▶ EXERCISE GOAL
Your reply should hold only the lines from the records below where "antt" occurs.

▶ DATA RECORDS
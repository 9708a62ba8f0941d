-- ===== src/Proxy/Captured/Names.antt =====
-- The name that relay.rs of crates/mc-proxy/src gives to a captured packet, read by server.rs.
use pico_server_rs.Base.{
  ℕ, ◌^◌, ◌<◌, ◌≤◌, ◌≡◌, refl, ap, ◌∙◌, [], ◌∷◌, ◌++◌, true, false, none, some, ◌==◌, leb,
  if◌then◌else◌, and_then, All, arith, lt→ltb,
}
use pico_server_rs.Base.Words.{Bytes}
use pico_server_rs.World.Chunk.Parse.{digits_of}
use pico_server_rs.World.Region.Name.{digits_value, below}
use pico_server_rs.World.Region.Name.RoundTrip.{
  IsDigit, Starts, digits_of-IsDigit, decimal-Starts, decimal,
}
use pico_server_rs.Proxy.Captured.{
  play_pkt, dot_bin, id_0x, hex_02, play_name, starts_with, ends_with, before, behind_id, parse_u32,
  parse_hex, packet_of, captured_name,
}
use pico_server_rs.Proxy.Captured.Hex.{Text, hex_02-Text, parse_hex-hex_02}

-- A byte other than `stop`.
abbrev IsPlain : ℕ → ℕ → Type 0
IsPlain stop c = (c == stop) ≡ false

before-append :
    (stop : ℕ) (s t : Bytes) → All (IsPlain stop) s → before stop (s ++ (stop ∷ t)) ≡ some s
unfolding before
before-append stop [] t h = let here : (stop == stop) ≡ true = ground arith in rw here refl
before-append stop (c ∷ s) t (h, hs) = rw (h, before-append stop s t hs) refl

behind_id-append : (s t : Bytes) → All (IsPlain 105) s → behind_id (s ++ t) ≡ behind_id t
unfolding behind_id starts_with
behind_id-append [] t h = refl
behind_id-append (c ∷ s) t (h, hs) =
    let other : (105 == c) ≡ false = ground arith in rw other (behind_id-append s t hs)

IsDigit-IsPlain : (stop : ℕ) (s : Bytes) → 58 ≤ stop → All IsDigit s → All (IsPlain stop) s
IsDigit-IsPlain stop [] far h = tt
IsDigit-IsPlain stop (c ∷ s) far ((lo, hi), hs) = (ground arith, IsDigit-IsPlain stop s far hs)

ends_with-append :
    (suffix s t : Bytes) → ends_with suffix t ≡ true → ends_with suffix (s ++ t) ≡ true
unfolding ends_with
ends_with-append suffix [] t h = h
ends_with-append suffix (c ∷ s) t h = rw (ends_with-append suffix s t h) refl

parse_u32-digits :
    (s : Bytes) → Starts s → parse_u32 s ≡ and_then (digits_value 0 s) (below (2 ^ 32))
unfolding parse_u32
parse_u32-digits s (c, [], e, (lo, hi)) = rw e refl
parse_u32-digits s (c, d ∷ t, e, (lo, hi)) =
    let plus : (c == 43) ≡ false = ground arith in rw e (rw plus refl)

parse_u32-digits_of : (n : ℕ) → n < 2 ^ 32 → parse_u32 (digits_of 10 n []) ≡ some n
parse_u32-digits_of n h =
    parse_u32-digits (digits_of 10 n []) (decimal-Starts n)
    ∙ ap (λ o. and_then o (below (2 ^ 32))) (decimal n h)
    ∙ rw (lt→ltb n (2 ^ 32) h) refl

high-IsPlain : (s : Bytes) → All (λ b. 48 ≤ b) s → All (IsPlain 46) s
high-IsPlain [] h = tt
high-IsPlain (c ∷ s) (high, hs) = (ground arith, high-IsPlain s hs)

Text-IsPlain : (s : Bytes) → Text s → All (IsPlain 46) s
Text-IsPlain s (c, t, e, high, hs) = rw e (ground arith, high-IsPlain t hs)

-- What follows the number of a packet in the name of its file.
abbrev behind_number : ℕ → ℕ → Bytes
behind_number id pid = digits_of 20 id [] ++ (95 ∷ (id_0x ++ (hex_02 pid ++ dot_bin)))

digits-IsPlain : (stop places v : ℕ) → 58 ≤ stop → All (IsPlain stop) (digits_of places v [])
digits-IsPlain stop places v h =
    IsDigit-IsPlain stop (digits_of places v []) h (digits_of-IsDigit places v [] tt)

play_name-ends : (n id pid : ℕ) → ends_with dot_bin (play_name n id pid) ≡ true
unfolding play_name ends_with
play_name-ends n id pid =
    let code = hex_02 pid ++ dot_bin in
    let connection = digits_of 20 id [] ++ (95 ∷ (id_0x ++ code)) in
    let number = digits_of 10 n [] ++ (95 ∷ connection) in
    ends_with-append dot_bin play_pkt number (
      ends_with-append dot_bin (digits_of 10 n []) (95 ∷ connection) (
        ends_with-append dot_bin (95 ∷ []) connection (
          ends_with-append dot_bin (digits_of 20 id []) (95 ∷ (id_0x ++ code)) (
            ends_with-append dot_bin (95 ∷ id_0x) code
              (ends_with-append dot_bin (hex_02 pid) dot_bin refl)))))

behind_id-play_name :
    (n id pid : ℕ)
    → behind_id (digits_of 10 n [] ++ (95 ∷ behind_number id pid)) ≡ some (hex_02 pid ++ dot_bin)
unfolding behind_id starts_with
behind_id-play_name n id pid =
    behind_id-append (digits_of 10 n []) _ (digits-IsPlain 105 10 n (omega arith))
    ∙ behind_id-append (digits_of 20 id []) _ (digits-IsPlain 105 20 id (omega arith))

packet_of-play_name :
    (n id pid : ℕ)
    → pid < 2 ^ 31
    → packet_of (digits_of 10 n [] ++ (95 ∷ behind_number id pid)) ≡ some pid
packet_of-play_name n id pid h =
    ap (λ o. and_then o (λ id_rest. and_then (before 46 id_rest) parse_hex))
      (behind_id-play_name n id pid)
    ∙ ap (λ o. and_then o parse_hex)
        (before-append 46 (hex_02 pid) _ (Text-IsPlain (hex_02 pid) (hex_02-Text pid)))
    ∙ parse_hex-hex_02 pid h

-- The name that the relay gives to the file of a captured packet, of any number, connection and packet
-- id that is not negative, is read back by the server as that number and packet id from the number 35
-- on, and the packets before it are not used.
pub captured_name-play_name :
    (n id pid : ℕ)
    → n < 2 ^ 32
    → pid < 2 ^ 31
    → captured_name (play_name n id pid) ≡ (if leb 35 n then some (n, pid) else none)
unfolding captured_name play_name starts_with
captured_name-play_name n id pid hn hp =
    let rest = digits_of 10 n [] ++ (95 ∷ behind_number id pid) in
    let number : and_then (before 95 rest) parse_u32 ≡ some n =
      ap (λ o. and_then o parse_u32)
        (before-append 95 (digits_of 10 n []) (behind_number id pid)
          (digits-IsPlain 95 10 n (omega arith)))
      ∙ parse_u32-digits_of n hn in
    ap
      (λ b.
        if b
        then and_then (and_then (before 95 rest) parse_u32)
            (λ n. if leb 35 n then and_then (packet_of rest) (λ pid. some (n, pid)) else none)
        else none)
      (play_name-ends n id pid)
    ∙ ap
        (λ o.
          and_then o
            (λ n. if leb 35 n then and_then (packet_of rest) (λ pid. some (n, pid)) else none))
        number
    ∙ ap (λ o. if leb 35 n then and_then o (λ pid. some (n, pid)) else none)
        (packet_of-play_name n id pid hp)
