-- ===== src/Proxy/Captured/Order.antt =====
-- The order in which `run_play_phase` of crates/mc-proxy/src/server.rs finds its files.
use pico_server_rs.Base.{
  ℕ, ◌≡◌, refl, sym, ap, ◌∙◌, List, [], ◌∷◌, false, Option, none, some, ◌==◌, All, arith,
  Bool-cases, inl, inr, take,
}
use mathlib.Core.List.{Perm, Permᴰ}
use mathlib.Core.List.Permᴰ.{nil, cons, swap, trans}
use mathlib.Core.Logic.{∥∥₁_elim}
use mathlib.Core.Path.{subst}
use pico_server_rs.Base.Words.{Bytes}
use pico_server_rs.Proxy.Captured.{
  captured_name, insert_packet, with_file, pkt_map, values, play_packets,
}

insert_packet_comm :
    (n m : ℕ) (p q : ℕ × Bytes) (entries : List (ℕ × (ℕ × Bytes)))
    → (n == m) ≡ false
    → insert_packet n p (insert_packet m q entries) ≡ insert_packet m q (insert_packet n p entries)
unfolding insert_packet
insert_packet_comm n m p q [] d = ground arith
insert_packet_comm n m p q ((k, x) ∷ entries) d =
    let ih = insert_packet_comm n m p q entries d in ground arith

-- What is in a directory for a name.
abbrev File : Type 0
File = Bytes × Option Bytes

module _ (packet_at : ℕ → ℕ × Bytes) where
  -- A captured packet that is the one of its number.
  abbrev IsPacket : Option (ℕ × ℕ) → Option Bytes → Type 0
  IsPacket (some (n, pid)) (some body) = (pid, body) ≡ packet_at n
  IsPacket name file = Unit {0}

  -- A file that is the captured packet of its number, if its name is one of a captured packet and it
  -- can be read.
  abbrev pub IsOf : File → Type 0
  unfolding captured_name
  IsOf (name, file) = IsPacket (captured_name name) file

  with_file-swap :
      (entries : List (ℕ × (ℕ × Bytes))) (o o' : Option (ℕ × ℕ)) (file file' : Option Bytes)
      → IsPacket o file
      → IsPacket o' file'
      → with_file (with_file entries o file) o' file'
        ≡ with_file (with_file entries o' file') o file
  with_file-swap entries none o' file file' h k = refl
  with_file-swap entries (some a) none file file' h k = refl
  with_file-swap entries (some a) (some b) none file' h k = refl
  with_file-swap entries (some a) (some b) (some body) none h k = refl
  with_file-swap entries (some (n, pid)) (some (m, pid')) (some body) (some body') h k =
      elim (Bool-cases (n == m)) [
        | inl same ↦
            let e : n ≡ m = ground arith in
            let one : (pid, body) ≡ (pid', body') = h ∙ ap packet_at e ∙ sym k in
            ap (λ p. insert_packet m (pid', body') (insert_packet n p entries)) one
            ∙ ap (λ i. insert_packet m (pid', body') (insert_packet i (pid', body') entries)) e
            ∙ ap (λ i. insert_packet i (pid', body') (insert_packet m (pid', body') entries))
                (sym e)
            ∙ ap (λ p. insert_packet n p (insert_packet m (pid', body') entries)) (sym one)
        | inr other ↦ sym (insert_packet_comm n m (pid, body) (pid', body') entries other)
      ]

  -- The loop over two directories gives the same entries.
  abbrev Same : List (ℕ × (ℕ × Bytes)) → List File → List File → Type 0
  Same entries files files' = (pkt_map entries files ≡ pkt_map entries files') × All IsOf files'

  pkt_map-Permᴰ :
      {files files' : List File} (entries : List (ℕ × (ℕ × Bytes)))
      → Permᴰ files files'
      → All IsOf files
      → Same entries files files'
  unfolding pkt_map
  pkt_map-Permᴰ entries nil h = (refl, tt)
  pkt_map-Permᴰ entries (cons {a = a} {b = b} {l₁ = l} {l₂ = l'} e d) (h, hs) =
      let (same, hs') = pkt_map-Permᴰ (pkt_map entries (a ∷ [])) d hs in
      (same ∙ ap (λ (c : File). pkt_map (pkt_map entries (c ∷ [])) l') e, (subst IsOf e h, hs'))
  pkt_map-Permᴰ entries (swap {a = a} {b = b} {a' = a'} {b' = b'} {l = l} e e') (h, (k, hs)) =
      let swapped =
        ap (λ es. pkt_map es l)
          (with_file-swap entries (captured_name a.0) (captured_name b.0) a.1 b.1 h k) in
      (
        swapped
            ∙ ap (λ (c : File). pkt_map entries (c ∷ a ∷ l)) e'
            ∙ ap (λ (c : File). pkt_map entries (a' ∷ c ∷ l)) e,
        (subst IsOf e' k, (subst IsOf e h, hs)),
      )
  pkt_map-Permᴰ entries (trans d d') h =
      let (first, k) = pkt_map-Permᴰ entries d h in
      let (second, k') = pkt_map-Permᴰ entries d' k in (first ∙ second, k')

  -- Where every file of a captured packet that can be read is the packet of its number, the packets
  -- that are taken do not depend on the order in which the directory lists its files.
  pub play_packets-Perm :
      (files files' : List File)
      → All IsOf files
      → Perm files files'
      → play_packets files ≡ play_packets files'
  unfolding play_packets
  play_packets-Perm files files' h p =
      ∥∥₁_elim p (hlevel) (λ d. ap (λ es. take 213 (values es)) ((pkt_map-Permᴰ [] d h).0))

▶ OUTPUT OF THE EXERCISE
-- ===== src/Proxy/Captured/Names.antt =====
-- ===== src/Proxy/Captured/Order.antt =====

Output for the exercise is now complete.